[PROVIDED INFORMATION — start]
-- ===== src/Host.antt =====
-- The Host of host.h and host.cpp: addresses, the ARP cache, the open ports, and the handlers for
-- frames that come in. `sent` is the list of the frames handed to `transmit`, oldest first; the
-- pauses before a `transmit` are not modelled.
pub mod Resolve
pub mod Asked
pub mod Keeps
pub mod Ping
pub mod Ports
pub mod Demux
use network_simulation.Common.{
  ℕ, zero, suc, ◌+◌, ◌%◌, ◌^◌, Bool, true, false, ◌&&◌, ◌||◌, Option, none, some, List, [], ◌∷◌,
  ◌++◌, map, Run, ok, ◌>>=◌, if◌then◌else◌, ◌==◌, length,
}
use network_simulation.Addressing.{
  compare_macs, compare_ips, is_broadcast, create_broadcast_mac, create_uniform_mac,
}
use network_simulation.L4.{generate_tcp, generate_udp}
use network_simulation.L3.{
  Ip, Icmp, Arp, ArpCache, get_mac, add_entry, generate_arp, generate_ip, new_ip, encap_icmp,
  arp_request, arp_reply, icmp_echo_reply, icmp_echo_request, ip_protocol_icmp, ip_protocol_tcp,
  ip_protocol_udp,
}
use network_simulation.Pdu.{
  Mpdu, Socket, new_mpdu, set_source_mac, set_destination_mac, encap_ip, encap_arp, open_icmp,
  new_socket, add_frame, mpdu_arp_type, mpdu_ip_type,
}
use network_simulation.WQueue
use network_simulation.WQueue.{WQueue}

pub record Host : Type 0 where
  pub ip : ℕ
  pub netmask : ℕ
  pub mac : List ℕ
  pub router_mac : List ℕ
  pub cache : ArpCache
  pub open_ports : List Socket
  pub rx_frame_count : ℕ
  pub frame_queue : WQueue Mpdu
  pub sent : List Mpdu

-- The constructor with a MAC; `ip` and `netmask` keep the indeterminate `blank`.
unfoldable pub new_host : ℕ → List ℕ → Host
new_host blank mac_addr = record {
  ip = blank;
  netmask = blank;
  mac = mac_addr;
  router_mac = [];
  cache = record { cache = [] };
  open_ports = [];
  rx_frame_count = 0;
  frame_queue = WQueue.new_wqueue;
  sent = [];
}

unfoldable pub set_ip : ℕ → Host → Host
set_ip ip_addr h = record h { ip = ip_addr }

unfoldable pub set_mac : List ℕ → Host → Host
set_mac mac_addr h = record h { mac = mac_addr }

unfoldable pub send_mpdu : Mpdu → Host → Host
send_mpdu frame h = record h { sent = h.sent ++ frame ∷ [] }

-- `new MPDU()`, `encap_SDU(packet)` and the two addresses, in whatever order.
unfoldable pub frame_for : List ℕ → List ℕ → Ip → Mpdu
frame_for source destination packet =
    set_destination_mac destination (set_source_mac source (encap_ip packet (new_mpdu 0)))

unfoldable pub send_arp : Arp → List ℕ → Host → Run Host
send_arp tx_arp destination_mac h = do
  arp_mpdu ←
      encap_arp tx_arp (set_destination_mac destination_mac (set_source_mac h.mac (new_mpdu 0)))
  ok (send_mpdu arp_mpdu h)

unfoldable pub send_request_arp : ℕ → Host → Run Host
send_request_arp requested_ip h =
    send_arp
      (record {
        opcode = arp_request;
        sender_mac = h.mac;
        sender_ip = h.ip;
        target_mac = create_uniform_mac 0;
        target_ip = requested_ip;
      })
      create_broadcast_mac h

-- What the cache becomes: the sender is added unless it is there.
pub learn : Arp → Host → Run Host
learn arp_rx h = do
  missing ← is_broadcast (get_mac h.cache arp_rx.sender_ip)
  ok (
      if missing
      then record h { cache = add_entry h.cache arp_rx.sender_ip arp_rx.sender_mac }
      else h)

-- A `count` below 1 has no round. The pause after each request is left out.
unfoldable pub arping : ℕ → ℕ → Host → Run Host
arping requested_ip zero h = ok h
arping requested_ip (suc count) h = do
  h' ← send_request_arp requested_ip h
  arping requested_ip count h'

unfoldable pub receive_arp : List ℕ → Host → Run Host
unfolding learn
receive_arp arp_u8 h = do
  arp_rx ← generate_arp arp_u8
  if compare_ips arp_rx.target_ip h.ip
      then (do
        h' ← learn arp_rx h
        if arp_rx.opcode == arp_request
            then send_arp
                (record {
                  opcode = arp_reply;
                  target_mac = arp_rx.sender_mac;
                  target_ip = arp_rx.sender_ip;
                  sender_mac = h'.mac;
                  sender_ip = h'.ip;
                })
                arp_rx.sender_mac h'
            else ok h')
      else ok h

-- A local `IP` whose fields are all set before they are read.
abbrev pub local_ip : Ip
local_ip = record {
  header_length = 0;
  total_length = 0;
  protocol = 0;
  source_ip = 0;
  destination_ip = 0;
  sdu = [];
}

unfoldable pub packet_to : ℕ → ℕ → Ip
packet_to source destination = record (new_ip local_ip) {
  source_ip = source;
  destination_ip = destination;
}

unfoldable pub process_icmp_message : Mpdu → Host → Run Host
unfolding packet_to
process_icmp_message rx_frame h = do
  (rx_ip, inbound_ping) ← open_icmp rx_frame
  ok (
      if inbound_ping.icmp_type == icmp_echo_request
      then send_mpdu
          (frame_for h.mac rx_frame.source_mac (
            encap_icmp (record inbound_ping { icmp_type = icmp_echo_reply })
              (packet_to h.ip rx_ip.source_ip)))
          h
      else h)

-- The socket loops of `process_frame`: all ICMP sockets, all TCP sockets of the port, the first UDP
-- socket of the port.
pub is_for : ℕ → ℕ → Socket → Bool
is_for protocol port s = s.protocol == protocol && s.port == port

unfoldable pub has_protocol : ℕ → List Socket → Bool
has_protocol protocol [] = false
has_protocol protocol (s ∷ ss) = s.protocol == protocol || has_protocol protocol ss

pub add_icmp : Mpdu → List Socket → List Socket
add_icmp frame [] = []
add_icmp frame (s ∷ ss) =
    (if s.protocol == ip_protocol_icmp then add_frame frame s else s) ∷ add_icmp frame ss

pub add_tcp : Mpdu → ℕ → List Socket → List Socket
add_tcp frame port [] = []
add_tcp frame port (s ∷ ss) =
    (if is_for ip_protocol_tcp port s then add_frame frame s else s) ∷ add_tcp frame port ss

pub add_udp : Mpdu → ℕ → List Socket → List Socket
add_udp frame port [] = []
add_udp frame port (s ∷ ss) =
    if is_for ip_protocol_udp port s then add_frame frame s ∷ ss else s ∷ add_udp frame port ss

pub process_ip : Mpdu → Host → Run Host
unfolding is_for has_protocol add_icmp add_tcp add_udp
process_ip frame h = do
  packet ← generate_ip frame.sdu
  if packet.protocol == ip_protocol_icmp
      then (if has_protocol ip_protocol_icmp h.open_ports
          then ok (record h { open_ports = add_icmp frame h.open_ports })
          else process_icmp_message frame h)
      else if packet.protocol == ip_protocol_tcp
      then (do
        segment ← generate_tcp packet.sdu
        ok (record h { open_ports = add_tcp frame segment.destination_port h.open_ports }))
      else if packet.protocol == ip_protocol_udp
      then (do
        segment ← generate_udp packet.sdu
        ok (record h { open_ports = add_udp frame segment.destination_port h.open_ports }))
      else ok h

unfoldable pub process_frame : Mpdu → Host → Run Host
unfolding process_ip
process_frame frame h =
    let counted : Host = record h { rx_frame_count = h.rx_frame_count + 1 } in
    if frame.sdu_type == mpdu_arp_type
    then receive_arp frame.sdu counted
    else if frame.sdu_type == mpdu_ip_type
    then process_ip frame counted
    else ok counted

-- One round of `demuxer`, for the frame that `remove` returned.
unfoldable pub demuxer : Mpdu → Host → Run Host
demuxer frame h = do
  mine ← compare_macs frame.destination_mac h.mac
  all ← if mine then ok true else is_broadcast frame.destination_mac
  if all then process_frame frame h else ok h

-- One round of `receiver`.
unfoldable pub receiver : Mpdu → Host → Host
receiver frame h = record h { frame_queue = WQueue.add frame h.frame_queue }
[PROVIDED INFORMATION — finish]
**THE PROBLEM:** Restate word for word the lines in the material above from the one with "send_mpdu frame h" to the one with "unfoldable pub send_arp"; both of those lines count, and nothing else does.

**RESULT:**
send_mpdu frame h = record h { sent = h.sent ++ frame ∷ [] }

-- `new MPDU()`, `encap_SDU(packet)` and the two addresses, in whatever order.
unfoldable pub frame_for : List ℕ → List ℕ → Ip → Mpdu
frame_for source destination packet =
    set_destination_mac destination (set_source_mac source (encap_ip packet (new_mpdu 0)))

unfoldable pub send_arp : Arp → List ℕ → Host → Run Host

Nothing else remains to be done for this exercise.